(Records from a data source)
╔══

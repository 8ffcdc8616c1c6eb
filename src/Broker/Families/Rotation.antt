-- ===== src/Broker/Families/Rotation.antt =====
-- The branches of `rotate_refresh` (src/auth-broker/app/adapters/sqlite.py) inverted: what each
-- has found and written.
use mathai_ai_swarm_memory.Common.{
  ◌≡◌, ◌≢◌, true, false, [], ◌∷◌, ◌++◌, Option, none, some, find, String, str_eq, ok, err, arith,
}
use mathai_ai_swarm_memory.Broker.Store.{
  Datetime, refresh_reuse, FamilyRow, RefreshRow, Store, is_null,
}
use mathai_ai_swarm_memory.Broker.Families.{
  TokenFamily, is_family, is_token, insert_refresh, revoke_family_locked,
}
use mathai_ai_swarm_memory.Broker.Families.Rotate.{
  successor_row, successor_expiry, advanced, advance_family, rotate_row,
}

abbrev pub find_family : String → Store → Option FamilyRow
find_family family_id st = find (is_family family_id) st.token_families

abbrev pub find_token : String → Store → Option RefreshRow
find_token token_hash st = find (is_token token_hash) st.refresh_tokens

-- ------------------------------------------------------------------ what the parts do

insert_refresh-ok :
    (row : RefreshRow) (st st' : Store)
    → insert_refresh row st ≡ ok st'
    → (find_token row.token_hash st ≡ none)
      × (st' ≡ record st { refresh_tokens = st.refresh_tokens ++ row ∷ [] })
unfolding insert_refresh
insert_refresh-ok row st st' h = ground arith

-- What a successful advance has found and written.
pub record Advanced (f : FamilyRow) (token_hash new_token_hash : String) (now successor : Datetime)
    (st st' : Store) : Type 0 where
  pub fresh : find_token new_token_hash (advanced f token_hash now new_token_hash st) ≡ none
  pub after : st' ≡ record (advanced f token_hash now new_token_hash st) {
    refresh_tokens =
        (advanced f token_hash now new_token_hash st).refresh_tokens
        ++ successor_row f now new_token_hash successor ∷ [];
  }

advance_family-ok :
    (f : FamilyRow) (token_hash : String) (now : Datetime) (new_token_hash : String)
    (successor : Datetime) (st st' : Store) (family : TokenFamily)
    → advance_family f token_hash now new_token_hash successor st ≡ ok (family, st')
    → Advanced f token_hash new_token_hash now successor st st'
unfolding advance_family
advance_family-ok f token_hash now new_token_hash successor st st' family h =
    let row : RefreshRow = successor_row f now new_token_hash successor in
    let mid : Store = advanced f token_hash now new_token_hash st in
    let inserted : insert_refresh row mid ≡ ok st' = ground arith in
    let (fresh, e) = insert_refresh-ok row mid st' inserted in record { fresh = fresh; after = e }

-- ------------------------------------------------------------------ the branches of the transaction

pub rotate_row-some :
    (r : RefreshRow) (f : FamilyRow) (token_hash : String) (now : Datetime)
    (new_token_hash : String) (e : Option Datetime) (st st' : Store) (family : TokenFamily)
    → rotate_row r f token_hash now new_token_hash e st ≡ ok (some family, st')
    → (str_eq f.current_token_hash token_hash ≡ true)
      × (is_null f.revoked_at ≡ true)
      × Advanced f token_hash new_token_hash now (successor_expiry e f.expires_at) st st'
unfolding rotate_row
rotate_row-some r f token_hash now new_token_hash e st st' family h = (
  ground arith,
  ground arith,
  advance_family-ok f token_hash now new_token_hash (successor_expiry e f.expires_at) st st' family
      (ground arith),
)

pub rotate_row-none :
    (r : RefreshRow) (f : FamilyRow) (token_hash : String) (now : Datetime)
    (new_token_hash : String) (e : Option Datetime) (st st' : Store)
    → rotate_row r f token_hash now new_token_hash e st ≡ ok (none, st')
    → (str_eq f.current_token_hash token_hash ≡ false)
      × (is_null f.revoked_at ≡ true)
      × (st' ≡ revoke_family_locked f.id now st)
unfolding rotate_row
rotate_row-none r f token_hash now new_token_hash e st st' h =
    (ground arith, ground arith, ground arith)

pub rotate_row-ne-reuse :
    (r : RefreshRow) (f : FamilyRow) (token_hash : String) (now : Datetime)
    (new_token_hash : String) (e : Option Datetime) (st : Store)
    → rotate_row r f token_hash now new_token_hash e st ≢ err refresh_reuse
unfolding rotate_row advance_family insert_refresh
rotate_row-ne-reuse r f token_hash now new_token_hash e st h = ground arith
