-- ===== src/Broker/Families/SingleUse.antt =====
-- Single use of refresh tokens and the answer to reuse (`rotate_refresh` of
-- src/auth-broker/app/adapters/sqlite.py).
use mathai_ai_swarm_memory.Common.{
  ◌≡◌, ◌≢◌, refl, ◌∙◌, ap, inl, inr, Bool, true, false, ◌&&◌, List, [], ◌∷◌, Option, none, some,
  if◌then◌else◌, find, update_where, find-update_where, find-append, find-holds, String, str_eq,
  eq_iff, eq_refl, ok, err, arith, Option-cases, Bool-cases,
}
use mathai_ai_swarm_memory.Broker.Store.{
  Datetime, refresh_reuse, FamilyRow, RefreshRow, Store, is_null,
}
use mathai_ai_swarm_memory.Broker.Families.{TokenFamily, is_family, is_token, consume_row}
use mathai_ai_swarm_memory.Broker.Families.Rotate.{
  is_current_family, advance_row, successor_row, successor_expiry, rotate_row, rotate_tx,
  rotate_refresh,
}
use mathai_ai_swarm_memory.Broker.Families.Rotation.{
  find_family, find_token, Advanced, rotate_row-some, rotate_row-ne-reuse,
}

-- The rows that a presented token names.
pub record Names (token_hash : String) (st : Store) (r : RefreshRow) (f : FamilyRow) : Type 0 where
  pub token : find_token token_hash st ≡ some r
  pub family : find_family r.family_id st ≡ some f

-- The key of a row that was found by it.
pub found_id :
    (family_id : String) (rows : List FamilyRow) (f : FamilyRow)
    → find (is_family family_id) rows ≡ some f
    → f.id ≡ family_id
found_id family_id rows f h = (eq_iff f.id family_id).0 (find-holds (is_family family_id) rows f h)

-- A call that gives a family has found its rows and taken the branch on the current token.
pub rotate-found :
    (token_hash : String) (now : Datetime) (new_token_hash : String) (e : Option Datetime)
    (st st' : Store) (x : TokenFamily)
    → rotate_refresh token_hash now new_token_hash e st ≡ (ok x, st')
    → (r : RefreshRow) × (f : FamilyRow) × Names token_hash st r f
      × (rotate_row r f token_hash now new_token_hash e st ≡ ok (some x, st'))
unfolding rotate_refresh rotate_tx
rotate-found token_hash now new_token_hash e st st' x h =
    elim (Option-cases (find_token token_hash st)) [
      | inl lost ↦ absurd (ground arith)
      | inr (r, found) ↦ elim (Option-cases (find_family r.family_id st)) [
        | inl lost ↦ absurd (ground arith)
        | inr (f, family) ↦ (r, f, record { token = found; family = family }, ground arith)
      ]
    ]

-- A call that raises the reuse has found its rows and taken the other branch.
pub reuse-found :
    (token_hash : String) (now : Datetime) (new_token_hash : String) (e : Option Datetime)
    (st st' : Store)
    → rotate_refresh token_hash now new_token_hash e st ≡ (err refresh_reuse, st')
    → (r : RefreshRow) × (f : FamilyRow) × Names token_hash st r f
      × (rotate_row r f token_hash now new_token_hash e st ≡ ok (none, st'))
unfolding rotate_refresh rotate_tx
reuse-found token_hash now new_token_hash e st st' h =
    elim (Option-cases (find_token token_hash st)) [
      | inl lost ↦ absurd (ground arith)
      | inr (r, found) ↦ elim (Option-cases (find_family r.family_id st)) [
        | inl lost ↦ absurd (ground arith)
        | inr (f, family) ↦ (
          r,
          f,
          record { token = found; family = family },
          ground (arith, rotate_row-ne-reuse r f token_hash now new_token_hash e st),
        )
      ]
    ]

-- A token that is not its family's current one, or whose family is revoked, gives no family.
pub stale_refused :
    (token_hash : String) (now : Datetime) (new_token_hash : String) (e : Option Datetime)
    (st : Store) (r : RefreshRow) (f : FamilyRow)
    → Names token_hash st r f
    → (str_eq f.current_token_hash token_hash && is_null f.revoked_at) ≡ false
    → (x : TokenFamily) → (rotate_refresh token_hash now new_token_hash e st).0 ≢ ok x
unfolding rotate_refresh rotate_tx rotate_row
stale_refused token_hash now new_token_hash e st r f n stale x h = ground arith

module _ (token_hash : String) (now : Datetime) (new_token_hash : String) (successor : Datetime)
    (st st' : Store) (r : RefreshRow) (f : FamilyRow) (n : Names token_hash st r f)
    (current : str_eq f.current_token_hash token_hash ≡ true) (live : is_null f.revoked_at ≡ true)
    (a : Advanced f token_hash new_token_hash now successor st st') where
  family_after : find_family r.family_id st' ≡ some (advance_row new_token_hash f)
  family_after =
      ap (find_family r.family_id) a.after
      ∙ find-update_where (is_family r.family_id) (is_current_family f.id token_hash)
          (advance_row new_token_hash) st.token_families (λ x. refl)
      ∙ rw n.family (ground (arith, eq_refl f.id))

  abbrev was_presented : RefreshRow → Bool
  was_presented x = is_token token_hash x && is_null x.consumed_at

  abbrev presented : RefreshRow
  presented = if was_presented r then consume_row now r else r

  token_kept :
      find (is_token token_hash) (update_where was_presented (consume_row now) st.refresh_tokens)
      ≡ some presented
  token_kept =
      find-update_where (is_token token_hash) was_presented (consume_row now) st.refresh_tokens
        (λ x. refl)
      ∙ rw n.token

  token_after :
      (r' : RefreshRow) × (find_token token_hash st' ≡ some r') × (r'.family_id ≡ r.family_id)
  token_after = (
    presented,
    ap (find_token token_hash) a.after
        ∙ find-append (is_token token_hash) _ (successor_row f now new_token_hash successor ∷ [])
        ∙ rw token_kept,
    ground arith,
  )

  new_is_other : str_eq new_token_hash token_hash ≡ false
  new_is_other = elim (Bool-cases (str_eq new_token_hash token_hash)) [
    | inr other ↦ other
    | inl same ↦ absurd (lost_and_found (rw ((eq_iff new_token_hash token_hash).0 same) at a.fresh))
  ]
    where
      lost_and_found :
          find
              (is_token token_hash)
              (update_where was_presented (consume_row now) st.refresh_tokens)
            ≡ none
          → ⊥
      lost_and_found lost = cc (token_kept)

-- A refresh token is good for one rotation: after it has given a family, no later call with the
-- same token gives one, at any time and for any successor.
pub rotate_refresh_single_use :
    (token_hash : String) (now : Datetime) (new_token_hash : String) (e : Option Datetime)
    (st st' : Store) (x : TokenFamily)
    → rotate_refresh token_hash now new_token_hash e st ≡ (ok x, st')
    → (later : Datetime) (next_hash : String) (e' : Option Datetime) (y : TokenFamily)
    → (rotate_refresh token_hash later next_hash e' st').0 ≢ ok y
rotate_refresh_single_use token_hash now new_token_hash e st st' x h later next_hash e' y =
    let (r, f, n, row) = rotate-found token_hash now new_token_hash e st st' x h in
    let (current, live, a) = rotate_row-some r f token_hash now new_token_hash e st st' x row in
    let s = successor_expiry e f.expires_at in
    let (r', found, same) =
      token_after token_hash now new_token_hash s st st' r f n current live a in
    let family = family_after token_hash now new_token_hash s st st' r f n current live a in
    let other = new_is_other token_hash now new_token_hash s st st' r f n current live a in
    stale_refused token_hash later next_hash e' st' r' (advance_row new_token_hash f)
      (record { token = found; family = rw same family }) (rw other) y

╚══

Copy whichever lines of the records above contain the word "Type".

_Exercise response:_
    (st st' : Store) : Type 0 where
pub record Names (token_hash : String) (st : Store) (r : RefreshRow) (f : FamilyRow) : Type 0 where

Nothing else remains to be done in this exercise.